_Task prompt_
Search the listing below for the string "trans", then copy every line it appears in.

*** Begin section ***

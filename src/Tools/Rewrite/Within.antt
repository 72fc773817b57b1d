-- ===== src/Tools/Rewrite/Within.antt =====
-- An edit in place: the buffer keeps its length and its other bytes.
use rust_pois.Prelude.{
  ℕ, ◌+◌, ◌*◌, ◌/◌, ◌%◌, ◌^◌, ◌≤◌, ◌<◌, ◌≡◌, ◌⊎◌, inl, inr, refl, ◌∙◌, arith, length, get_or, set,
  length-set, All-set, All-get_or, get_or-set_other, get_or-set,
}
use rust_pois.Bits.{Bytes, AreBytes, IsByte}
use rust_pois.Tools.Rewrite.{put_word, put_break, get_word, get_break, put_duration}

-- `out` is `bytes` but for the places from `lo` up to `hi`.
pub record Within (lo hi : ℕ) (bytes out : Bytes) : Type 0 where
  pub same_length : length out ≡ length bytes
  pub are_bytes : AreBytes bytes → AreBytes out
  pub elsewhere : (i : ℕ) → (i < lo) ⊎ (hi ≤ i) → get_or out i 0 ≡ get_or bytes i 0

pub Within-refl : (lo hi : ℕ) (bytes : Bytes) → Within lo hi bytes bytes
Within-refl lo hi bytes = record { same_length = refl; are_bytes = λ h. h; elsewhere = λ i h. refl }

pub Within-trans :
    {lo hi : ℕ} {a b c : Bytes} → Within lo hi a b → Within lo hi b c → Within lo hi a c
Within-trans v w = record {
  same_length = w.same_length ∙ v.same_length;
  are_bytes = λ h. w.are_bytes (v.are_bytes h);
  elsewhere = λ i h. w.elsewhere i h ∙ v.elsewhere i h;
}

pub Within-wider :
    {lo hi lo' hi' : ℕ} {a b : Bytes} → lo' ≤ lo → hi ≤ hi' → Within lo hi a b → Within lo' hi' a b
Within-wider l h w = record {
  same_length = w.same_length;
  are_bytes = w.are_bytes;
  elsewhere =
      λ i out. w.elsewhere i (elim out [ inl lt ↦ inl (omega arith) | inr le ↦ inr (omega arith) ]);
}

pub set-Within :
    (lo hi : ℕ) (bytes : Bytes) (i v : ℕ)
    → lo ≤ i
    → i < hi
    → (AreBytes bytes → v < 256)
    → Within lo hi bytes (set bytes i v)
set-Within lo hi bytes i v low high byte = record {
  same_length = length-set bytes i v;
  are_bytes = λ h. All-set IsByte bytes i v h (byte h);
  elsewhere = λ j out.
      get_or-set_other bytes i j v 0
        (λ e. elim out [ inl lt ↦ omega arith | inr le ↦ omega arith ]);
}

pub put_word-Within : (i t : ℕ) (bytes : Bytes) → Within i (i + 4) bytes (put_word i t bytes)
put_word-Within i t bytes =
    Within-trans
      (Within-trans
        (Within-trans
          (set-Within i (i + 4) bytes i _ (omega arith) (omega arith) (λ h. omega arith))
          (set-Within i (i + 4) _ (i + 1) _ (omega arith) (omega arith) (λ h. omega arith)))
        (set-Within i (i + 4) _ (i + 2) _ (omega arith) (omega arith) (λ h. omega arith)))
      (set-Within i (i + 4) _ (i + 3) _ (omega arith) (omega arith) (λ h. omega arith))

byte_at : (bytes : Bytes) (i : ℕ) → AreBytes bytes → get_or bytes i 0 < 256
byte_at bytes i h = All-get_or IsByte bytes i 0 h (omega arith)

pub put_break-Within : (bd t : ℕ) (bytes : Bytes) → Within bd (bd + 5) bytes (put_break bd t bytes)
put_break-Within bd t bytes =
    Within-trans
      (set-Within bd (bd + 5) bytes bd _ (omega arith) (omega arith)
        (λ h. omega (arith, byte_at bytes bd h)))
      (Within-wider (omega arith) (omega arith) (put_word-Within (bd + 1) t _))

pub put_duration-Within :
    (i t : ℕ) (bytes : Bytes) → Within i (i + 5) bytes (put_duration i t bytes)
put_duration-Within i t bytes =
    Within-trans (set-Within i (i + 5) bytes i _ (omega arith) (omega arith) (λ h. omega arith))
      (Within-wider (omega arith) (omega arith) (put_word-Within (i + 1) t _))

-- What is read back.
module _ (i t : ℕ) (bytes : Bytes) (fits : i + 4 ≤ length bytes) where
  get_word-put_word : get_word i (put_word i t bytes) ≡ t % 2 ^ 32
  get_word-put_word =
      let b₁ = set bytes i (t / 2 ^ 24 % 256) in
      let b₂ = set b₁ (i + 1) (t / 2 ^ 16 % 256) in
      let b₃ = set b₂ (i + 2) (t / 2 ^ 8 % 256) in
      let l₁ : length b₁ ≡ length bytes = length-set bytes i _ in
      let l₂ : length b₂ ≡ length b₁ = length-set b₁ (i + 1) _ in
      let l₃ : length b₃ ≡ length b₂ = length-set b₂ (i + 2) _ in
      let other : (b : Bytes) (n j v : ℕ) → j < n → get_or (set b n v) j 0 ≡ get_or b j 0 =
        λ b n j v lt. get_or-set_other b n j v 0 (λ e. omega arith) in
      let w₀ =
        other b₃ (i + 3) i (t % 256) (omega arith)
        ∙ other b₂ (i + 2) i _ (omega arith)
        ∙ other b₁ (i + 1) i _ (omega arith)
        ∙ get_or-set bytes i _ 0 (omega arith) in
      let w₁ =
        other b₃ (i + 3) (i + 1) (t % 256) (omega arith)
        ∙ other b₂ (i + 2) (i + 1) _ (omega arith)
        ∙ get_or-set b₁ (i + 1) (t / 2 ^ 16 % 256) 0 (omega arith) in
      let w₂ =
        other b₃ (i + 3) (i + 2) (t % 256) (omega arith)
        ∙ get_or-set b₂ (i + 2) (t / 2 ^ 8 % 256) 0 (omega arith) in
      let w₃ = get_or-set b₃ (i + 3) (t % 256) 0 (omega arith) in omega (arith, w₀, w₁, w₂, w₃)

-- The 33 bits of a break duration are those that were put there.
pub get_break-put_break :
    (bd t : ℕ) (bytes : Bytes)
    → bd + 5 ≤ length bytes
    → get_break bd (put_break bd t bytes) ≡ t % 2 ^ 33
get_break-put_break bd t bytes fits =
    let b₀ = set bytes bd (get_or bytes bd 0 / 2 * 2 + t / 2 ^ 32 % 2) in
    let len : length b₀ ≡ length bytes = length-set bytes bd _ in
    let low = get_word-put_word (bd + 1) t b₀ (omega (arith, len)) in
    let high =
      (put_word-Within (bd + 1) t b₀).elsewhere bd (inl (omega arith))
      ∙ get_or-set bytes bd (get_or bytes bd 0 / 2 * 2 + t / 2 ^ 32 % 2) 0 (omega arith) in
    omega (arith, low, high)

*** End section ***

_Response_
pub Within-trans :
Within-trans v w = record {
    Within-trans
      (Within-trans
        (Within-trans
    Within-trans
    Within-trans (set-Within i (i + 5) bytes i _ (omega arith) (omega arith) (λ h. omega arith))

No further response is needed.